July-August, 2021: Research plan/concept note, including objectives, methodology and proposed outputs finalised and published on Meta. Open call for community volunteers/research assistants for data collection published.

September-December, 2021: Survey and interview methods finalised, orientation and on-boarding for research assistants. Translations of questionnaires etc. where required.

January-March, 2022: Fieldwork to be completed (mostly online interviews and surveys). Analysis of data collected. RA to draft and publish a blog post on data collection and review so far.

April 2022: Draft report to be shared for internal and external review. Recommendations if any, to be considered in the proposal plan for 2022-23.

May-June, 2022: Report to be finalised and published.

Updates

July-December 2021

The first couple of months on this project were spent on meticulously discussing, drafting and finalising the research design for the study. This process involved drafting an initial concept note, selection of languages of focus and drawing up a list of reviewers for feedback.

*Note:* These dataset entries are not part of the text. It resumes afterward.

-- ===== src/Ledger/Suppression.antt =====
-- The last loop of `derive` in crates/cc-ledger/src/v1/authority.rs ends: a round that changes
-- anything makes an event ineligible.
use clockchain.Prelude.{
  is_empty, ℕ, zero, suc, ◌+◌, ◌≤◌, ◌<◌, ◌≡◌, ◌⊎◌, refl, ap, ◌∙◌, inl, inr, Bool, true, false, none,
  some, List, [], ◌∷◌, length, arith, ◌==◌, ==_iff, Bool-cases, if◌then◌else◌, nat_key,
}
use clockchain.Prelude.Table.{lookup, contains_key}
use clockchain.Prelude.Ordered.{map_insert, lookup-map_insert, set_contains}
use clockchain.Wire.{Hash}
use clockchain.Wire.Signed.{Signed}
use clockchain.Ledger.{Events, parents_of}
use clockchain.Ledger.Authority.{Effect, revoked_ancestor, set_union}
use clockchain.Ledger.Derive.{is_eligible, suppresses, inherited_controls, suppress, suppress_loop}
use clockchain.Ledger.Order.{Held, key_held}
use clockchain.Ledger.Totals.{Returns}

abbrev Effects : Type 0
Effects = List (Hash × Effect)

abbrev eligible_at : Hash → Effects → Bool
eligible_at x effects = elim (lookup x effects) [
  | none ↦ false
  | some effect ↦ is_eligible effect.reason
]

-- How many events are eligible.
abbrev eligibles : Events → Effects → ℕ
eligibles [] effects = 0
eligibles ((id, e) ∷ events) effects =
    (if eligible_at id effects then 1 else 0) + eligibles events effects

abbrev revoked : List Hash → Effect
revoked controls = record { reason = revoked_ancestor; controlling_revokes = controls }

eligibles_le : (events : Events) (effects : Effects) → eligibles events effects ≤ length events
eligibles_le [] effects = omega arith
eligibles_le ((id, e) ∷ events) effects = ground (arith, eligibles_le events effects)

eligible_at-insert :
    (x id : Hash) (controls : List Hash) (effects : Effects)
    → eligible_at x (map_insert id (revoked controls) effects)
      ≡ (if id == x then false else eligible_at x effects)
eligible_at-insert x id controls effects =
    ground (arith, lookup-map_insert id x (revoked controls) effects)

eligibles-insert_le :
    (events : Events) (id : Hash) (controls : List Hash) (effects : Effects)
    → eligibles events (map_insert id (revoked controls) effects) ≤ eligibles events effects
eligibles-insert_le [] id controls effects = omega arith
eligibles-insert_le ((x, e) ∷ events) id controls effects = ground (
  arith,
  eligible_at-insert x id controls effects,
  eligibles-insert_le events id controls effects,
)

eligibles-insert :
    (events : Events) (id : Hash) (e : Signed) (controls : List Hash) (effects : Effects)
    → lookup id events ≡ some e
    → eligible_at id effects ≡ true
    → eligibles events (map_insert id (revoked controls) effects) < eligibles events effects
unfolding lookup
eligibles-insert [] id e controls effects held was = absurd (ground (arith, held))
eligibles-insert ((x, f) ∷ events) id e controls effects held was = elim (Bool-cases (x == id)) [
  | inl same ↦
      let x_eq = (==_iff x id).0 same in
      let before : eligible_at x effects ≡ true = ap (λ k. eligible_at k effects) x_eq ∙ was in
      let after : eligible_at x (map_insert id (revoked controls) effects) ≡ false =
        ground (arith, eligible_at-insert x id controls effects, x_eq) in
      let rest = eligibles-insert_le events id controls effects in
      rw (before, after) (omega (arith, rest))
  | inr differ ↦
      let held' = rw differ at held in
      let kept : eligible_at x (map_insert id (revoked controls) effects) ≡ eligible_at x effects =
        ground (arith, eligible_at-insert x id controls effects, differ) in
      let rest = eligibles-insert events id e controls effects held' was in
      rw kept (omega (arith, rest))
]

inherited_controls-Returns :
    (ps : List Hash) (effects : Effects) (out : List Hash)
    → ((p : Hash) → set_contains p ps ≡ true → contains_key p effects ≡ true)
    → Returns (inherited_controls ps effects out)
unfolding inherited_controls set_contains
inherited_controls-Returns [] effects out h = (out, refl)
inherited_controls-Returns (p ∷ ps) effects out h =
    let (effect, held) = key_held p effects (h p (ground arith)) in
    let (controls, eq) =
      inherited_controls-Returns ps effects
        (if suppresses effect.reason then set_union out effect.controlling_revokes else out)
        (λ q m. h q (ground (arith, m))) in
    (controls, rw held eq)

-- Every event has an effect.
abbrev pub HasEffects : Events → Effects → Type 0
HasEffects valid effects = (x : Hash) → contains_key x valid ≡ true → contains_key x effects ≡ true

module _ (valid : Events)
    (known : (x : Hash) (e : Signed) (p : Hash)
      → lookup x valid ≡ some e
      → set_contains p (parents_of e) ≡ true
      → contains_key p valid ≡ true) where
  suppress-Returns :
      (items : Events) (effects : Effects) (changed : Bool)
      → Held valid items
      → HasEffects valid effects
      → (effects' : Effects) × (changed' : Bool) × (suppress items effects changed
          ≡ some (effects', changed'))
        × HasEffects valid effects'
        × (eligibles valid effects' ≤ eligibles valid effects)
        × (changed' ≡ true
            → (changed ≡ true) ⊎ (eligibles valid effects' < eligibles valid effects))
  unfolding suppress
  suppress-Returns [] effects changed held has =
      (effects, changed, refl, has, omega arith, λ e. inl e)
  suppress-Returns ((id, e) ∷ items) effects changed held has =
      let (effect, at_) = key_held id effects (has id (ground (arith, held.0))) in
      elim (Bool-cases (is_eligible effect.reason)) [
        | inr settled ↦
            let (f, c, eq, has', le, ruling) = suppress-Returns items effects changed held.1 has in
            (f, c, rw (at_, suppress) (rw (settled, suppress) eq), has', le, ruling)
        | inl open_ ↦
            let (controls, c_eq) =
              inherited_controls-Returns (parents_of e) effects []
                (λ p m. has p (known id e p held.0 m)) in
            elim (Bool-cases (is_empty controls)) [
              | inl clear ↦
                  let (f, c, eq, has', le, ruling) =
                    suppress-Returns items effects changed held.1 has in
                  (
                    f,
                    c,
                    rw (at_, suppress)
                        (rw (open_, suppress) (rw (c_eq, suppress) (rw (clear, suppress) eq))),
                    has',
                    le,
                    ruling,
                  )
              | inr bound ↦
                  let next = map_insert id (revoked controls) effects in
                  let fewer =
                    eligibles-insert valid id e controls effects held.0
                      (ground (arith, at_, open_)) in
                  let (f, c, eq, has', le, ruling) = suppress-Returns items next true held.1 (λ x m.
                    ground (arith, lookup-map_insert id x (revoked controls) effects, has x m)) in
                  (
                    f,
                    c,
                    rw (at_, suppress)
                        (rw (open_, suppress) (rw (c_eq, suppress) (rw (bound, suppress) eq))),
                    has',
                    omega (arith, le, fewer),
                    λ e. inr (omega (arith, le, fewer)),
                  )
            ]
      ]

  suppress_loop_lem :
      (fuel : ℕ) (effects : Effects)
      → Held valid valid
      → HasEffects valid effects
      → eligibles valid effects < fuel
      → (effects' : Effects) × (suppress_loop fuel valid effects ≡ some effects')
        × HasEffects valid effects'
  unfolding suppress_loop
  suppress_loop_lem zero effects held has lt = absurd (omega arith)
  suppress_loop_lem (suc fuel) effects held has lt =
      let (f, c, eq, has', le, ruling) = suppress-Returns valid effects false held has in
      elim (Bool-cases c) [
        | inr done ↦
            let eq' : suppress valid effects false ≡ some (f, false) =
              eq ∙ ap (λ b. some (f, b)) done in
            (f, rw (eq', suppress_loop) refl, has')
        | inl more ↦
            let eq' : suppress valid effects false ≡ some (f, true) =
              eq ∙ ap (λ b. some (f, b)) more in
            let lt' : eligibles valid f < eligibles valid effects = elim (ruling more) [
              | inl absurd_ ↦ absurd (ground (arith, absurd_))
              | inr less ↦ less
            ] in
            let (g, eq'', has'') = suppress_loop_lem fuel f held has' (omega (arith, lt', lt)) in
            (g, rw (eq', suppress_loop) eq'', has'')
      ]

  -- One round more than events is enough.
  pub suppress_loop-Returns :
      (effects : Effects)
      → Held valid valid
      → HasEffects valid effects
      → (effects' : Effects) × (suppress_loop (suc (length valid)) valid effects ≡ some effects')
        × HasEffects valid effects'
  suppress_loop-Returns effects held has =
      suppress_loop_lem (suc (length valid)) effects held has
        (omega (arith, eligibles_le valid effects))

The concept note was published and was shared for internal and external feedback; namely with team members, a small cohort of community members and the Wikimedia India mailing list as well. Apart from this, interview questionnaires and survey forms were developed for data collection. Translation of the interview questionnaire was undertaken with the help of community members. The list of respondents for the interviews across languages was finalised as well, and initial communication with them has been completed, before the data collection process begins.

Given certain unforeseen challenges, such as technical/infrastructural issues/logistics for data collection, timelines for review of the research design, and availability of people there have been changes in the timeline for the project, which are reflected above. Data collection is presently underway, and over the next couple of months the team will look at finishing this work and moving on reviewing and putting together our learnings in the form of a final report.

January-September 2022

The first few months of this period were spent in completing data collection through the survey and interviews with community members from the selected languages. Given the limited number of responses, as also the time period coinciding with a surge in Covid cases across the country, the deadline for the survey had to be extended a few times, with the exercise being completed finally by the end of May 2022 and a total of 21 responses received. Similarly, there were some challenges with conducting interviews with community members across the selected languages, given limited availability, challenges due to the pandemic and technical issues with connectivity. As a result, the data set and the scope of the study had to be reduced significantly, and the team decided to work primarily with the available data collected through the survey. A draft report based on these responses was prepared and shared with the team for internal and external review. The report offers several insights on key aspects related to Wikisource, namely technological infrastructure, community engagement, capacity-building, open access and content curation policies. Apart from an overview of challenges, it also provides reflections on potential strategies to address the same. The final report on the study is now published and available on Wikimedia Meta-Wiki.